Source: authors. “Crossovers” biographical database.
Note: “Ante” refers to the whole period from 1979 to 1987. For ten individuals in the database the year of entry into the bar could not be determined.
Even though the “Sarkozy moment” was a singular high point, it is consistent with the growing crossover movement. This movement continued apace after the election of François Hollande, with twenty-six crossovers in 2012–2014, a much higher rate than the average for the twenty-five years covered here. This attests to the consolidation of this new revolving door.
Neoliberal Revolving Doors
As the number of pantouflages to the bar grew steadily over a quarter of a century, the phenomenon spread to a progressively wider segment of politics and government administration. Initially confined to fiscal matters, other fields of law were involved as new sectors were affected by the neoliberal shift of the state from the powerful rise of competition policy (1986 government order on competition, new economic regulations legislation in 2001, modernization of the economy act in 2008) to reforms of public procurement (legislation on public-private partnerships in 2004 and 2008), public holdings and participations, and so on. Each wave of liberalization and strengthening of the regulatory state was met by a symmetrical interest of law firms for the corresponding segments of the state, leading to a progressive consolidation of the crossover movement and its diversification.
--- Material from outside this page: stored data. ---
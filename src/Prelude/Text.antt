-- ===== src/Prelude/Text.antt =====
-- What Python's `str` methods and the identifier patterns of the program compute.
pub mod Strip
pub mod Decimal
use Prim.Native.Char.{Char, code}
use Prim.Native.Nat.{ℕ, zero, suc, ◌+◌, ◌-◌, ◌*◌}
use Prim.Native.String.{String}
use mathlib.Core.Path.{◌≡◌, refl}
use mathlib.Core.Bool.{Bool, true, false, ◌&&◌, ◌||◌}
use native.Mathlib.Omega.{arith}
use mathlib.Core.List.{List, [], ◌∷◌, ◌++◌, map, reverse}
use mathlib.Core.Option.{Option, none, some}
use oracle_patching.Prelude.Tests.{ltb, leb, ◌==◌, nat_eq, if◌then◌else◌}

-- The code points of a text.
unfoldable pub codes : String → List ℕ
codes String.[] = []
codes (String.◌∷◌ c s) = code c ∷ codes s

-- `str < str`: lexicographic on code points.
unfoldable pub codes_ltb : List ℕ → List ℕ → Bool
codes_ltb xs [] = false
codes_ltb [] (y ∷ ys) = true
codes_ltb (x ∷ xs) (y ∷ ys) = ltb x y || (x == y && codes_ltb xs ys)

unfoldable pub str_ltb : String → String → Bool
unfolding codes codes_ltb
str_ltb s t = codes_ltb (codes s) (codes t)

codes_ltb_irrefl : (xs : List ℕ) → codes_ltb xs xs ≡ false
unfolding codes_ltb
codes_ltb_irrefl [] = refl
codes_ltb_irrefl (x ∷ xs) = ground (arith, codes_ltb_irrefl xs)

pub str_ltb_irrefl : (s : String) → str_ltb s s ≡ false
unfolding str_ltb
str_ltb_irrefl s = codes_ltb_irrefl (codes s)

-- The characters that `str.strip` removes.
unfoldable pub is_space : ℕ → Bool
is_space c =
    (leb 9 c && leb c 13)
    || (leb 28 c && leb c 32)
    || c == 133
    || c == 160
    || c == 5760
    || (leb 8192 c && leb c 8202)
    || c == 8232
    || c == 8233
    || c == 8239
    || c == 8287
    || c == 12288

unfoldable pub drop_spaces : String → String
unfolding is_space
drop_spaces String.[] = String.[]
drop_spaces (String.◌∷◌ c s) = if is_space (code c) then drop_spaces s else String.◌∷◌ c s

unfoldable pub reverse_onto : String → String → String
reverse_onto t String.[] = t
reverse_onto t (String.◌∷◌ c s) = reverse_onto (String.◌∷◌ c t) s

-- `str.strip`
unfoldable pub strip : String → String
unfolding drop_spaces reverse_onto
strip s = reverse_onto "" (drop_spaces (reverse_onto "" (drop_spaces s)))

-- `str.lower`, on ASCII: every text that the program compares a lowered one with is ASCII, and no
-- other character lowers to one of their letters.
unfoldable pub lower : List ℕ → List ℕ
lower = map (λ c. if leb b'A' c && leb c b'Z' then c + 32 else c)

unfoldable pub codes_eq : List ℕ → List ℕ → Bool
codes_eq [] [] = true
codes_eq (x ∷ xs) (y ∷ ys) = x == y && codes_eq xs ys
codes_eq _ _ = false

-- [A-Za-z0-9]
unfoldable pub is_alnum : ℕ → Bool
is_alnum c = (leb b'A' c && leb c b'Z') || (leb b'a' c && leb c b'z') || (leb b'0' c && leb c b'9')

-- [A-Za-z0-9._:-]
unfoldable pub is_id_char : ℕ → Bool
unfolding is_alnum
is_id_char c = is_alnum c || c == b'.' || c == b'_' || c == b':' || c == b'-'

-- [A-Za-z0-9._:-]{0,n}
unfoldable pub id_tail : ℕ → List ℕ → Bool
unfolding is_id_char
id_tail n [] = true
id_tail zero (c ∷ cs) = false
id_tail (suc n) (c ∷ cs) = is_id_char c && id_tail n cs

-- `re.fullmatch(r"[A-Za-z0-9][A-Za-z0-9._:-]{0,n}", …)`
unfoldable pub id_fullmatch : ℕ → List ℕ → Bool
unfolding is_alnum id_tail
id_fullmatch n [] = false
id_fullmatch n (c ∷ cs) = is_alnum c && id_tail n cs

-- `".." in …`
unfoldable pub has_dotdot : List ℕ → Bool
has_dotdot [] = false
has_dotdot (c ∷ []) = false
has_dotdot (c ∷ d ∷ cs) = (c == b'.' && d == b'.') || has_dotdot (d ∷ cs)

-- `text.strip().lower() in {"1", "true", "yes", "on"}`, as the switches of the environment are read.
unfoldable pub is_on : String → Bool
unfolding codes lower strip codes_eq
is_on text =
    let word = lower (codes (strip text)) in
    codes_eq word (codes "1")
    || codes_eq word (codes "true")
    || codes_eq word (codes "yes")
    || codes_eq word (codes "on")

-- `text.strip().lower() in {"0", "false", "no", "off"}`
unfoldable pub is_off : String → Bool
unfolding codes lower strip codes_eq
is_off text =
    let word = lower (codes (strip text)) in
    codes_eq word (codes "0")
    || codes_eq word (codes "false")
    || codes_eq word (codes "no")
    || codes_eq word (codes "off")

-- [a-f0-9]{n}
unfoldable pub is_hex : ℕ → List ℕ → Bool
is_hex zero [] = true
is_hex zero (c ∷ cs) = false
is_hex (suc n) [] = false
is_hex (suc n) (c ∷ cs) = ((leb b'a' c && leb c b'f') || (leb b'0' c && leb c b'9')) && is_hex n cs

-- What stands before a final "\n", before which `$` matches too.
unfoldable pub chomp : List ℕ → List ℕ
chomp [] = []
chomp (c ∷ []) = if c == 10 then [] else c ∷ []
chomp (c ∷ d ∷ cs) = c ∷ chomp (d ∷ cs)

-- `re.compile(r"^[A-Za-z0-9][A-Za-z0-9._:-]{0,n}$").match(…)`
unfoldable pub id_match : ℕ → List ℕ → Bool
unfolding id_fullmatch chomp
id_match n cs = id_fullmatch n (chomp cs)

-- The rest of a text after a prefix, where it starts with that.
unfoldable pub after_prefix : List ℕ → List ℕ → List ℕ
after_prefix [] cs = cs
after_prefix (p ∷ ps) [] = []
after_prefix (p ∷ ps) (c ∷ cs) = after_prefix ps cs

unfoldable pub starts_with : List ℕ → List ℕ → Bool
starts_with [] cs = true
starts_with (p ∷ ps) [] = false
starts_with (p ∷ ps) (c ∷ cs) = p == c && starts_with ps cs

-- `text.rstrip("/")`
unfoldable pub strip_slashes : List ℕ → List ℕ
strip_slashes [] = []
strip_slashes (c ∷ cs) =
    let rest = strip_slashes cs in
    elim rest [ [] ↦ if c == b'/' then [] else c ∷ [] | d ∷ ds ↦ c ∷ d ∷ ds ]

-- Decimal digits, as a number.
unfoldable pub digits : ℕ → List ℕ → Option ℕ
digits n [] = some n
digits n (c ∷ cs) =
    let rest = digits (10 * n + (c - b'0')) cs in if leb b'0' c && leb c b'9' then rest else none

-- `str.lstrip` and `str.strip`, on code points.
unfoldable pub trim_start : List ℕ → List ℕ
unfolding is_space
trim_start [] = []
trim_start (c ∷ cs) = if is_space c then trim_start cs else c ∷ cs

unfoldable pub trim : List ℕ → List ℕ
unfolding trim_start
trim cs = reverse (trim_start (reverse (trim_start cs)))

-- `len(text) == 0`
unfoldable pub is_blank : List ℕ → Bool
is_blank [] = true
is_blank (c ∷ cs) = false

-- The pieces of a text between the characters of a set, the empty ones too.
unfoldable pub pieces : (ℕ → Bool) → List ℕ → List ℕ → List (List ℕ)
pieces breaks piece [] = piece ∷ []
pieces breaks piece (c ∷ cs) = elim (breaks c) [
  | true ↦ piece ∷ pieces breaks [] cs
  | false ↦ pieces breaks (piece ++ (c ∷ [])) cs
]

unfoldable pub is_digit : ℕ → Bool
is_digit c = leb b'0' c && leb c b'9'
It was initially in fiscal matters that a small number of énarques tried out this new revolving door. Judging by articles in the professional press at the time, certain of these crossovers appear to signal a shift in the scope of possible transfer options for ENA graduates. In 1991 the former director general of the taxation office, France’s highest tax civil servant, moved directly to head Bureau Francis Lefebvre, a historical fiscal consulting firm. At nearly the same time, a former deputy director of the fiscal legislation department (in charge of drafting tax laws at the ministry of economy) joined Arthur Andersen as a partner. The transfer chain of tax inspectors was already solidly in place for these firms, but these new recruits from the very top of the fiscal administration blazed a new trail that would be heavily used in later years. However, top civil servants from many other sectors would soon follow. Experts in the field of competition policy with the hiring of a former member of EU competition directorate general by the Paris branch of White & Case in 1990; experts in public procurement, such as one member of the Cour des comptes who moved to Gide in 1990; specialists in equity and securities operations such as one magistrate, former director of the legal department at the financial market regulatory authority, who joined Darrois Villey in 1995, and so forth.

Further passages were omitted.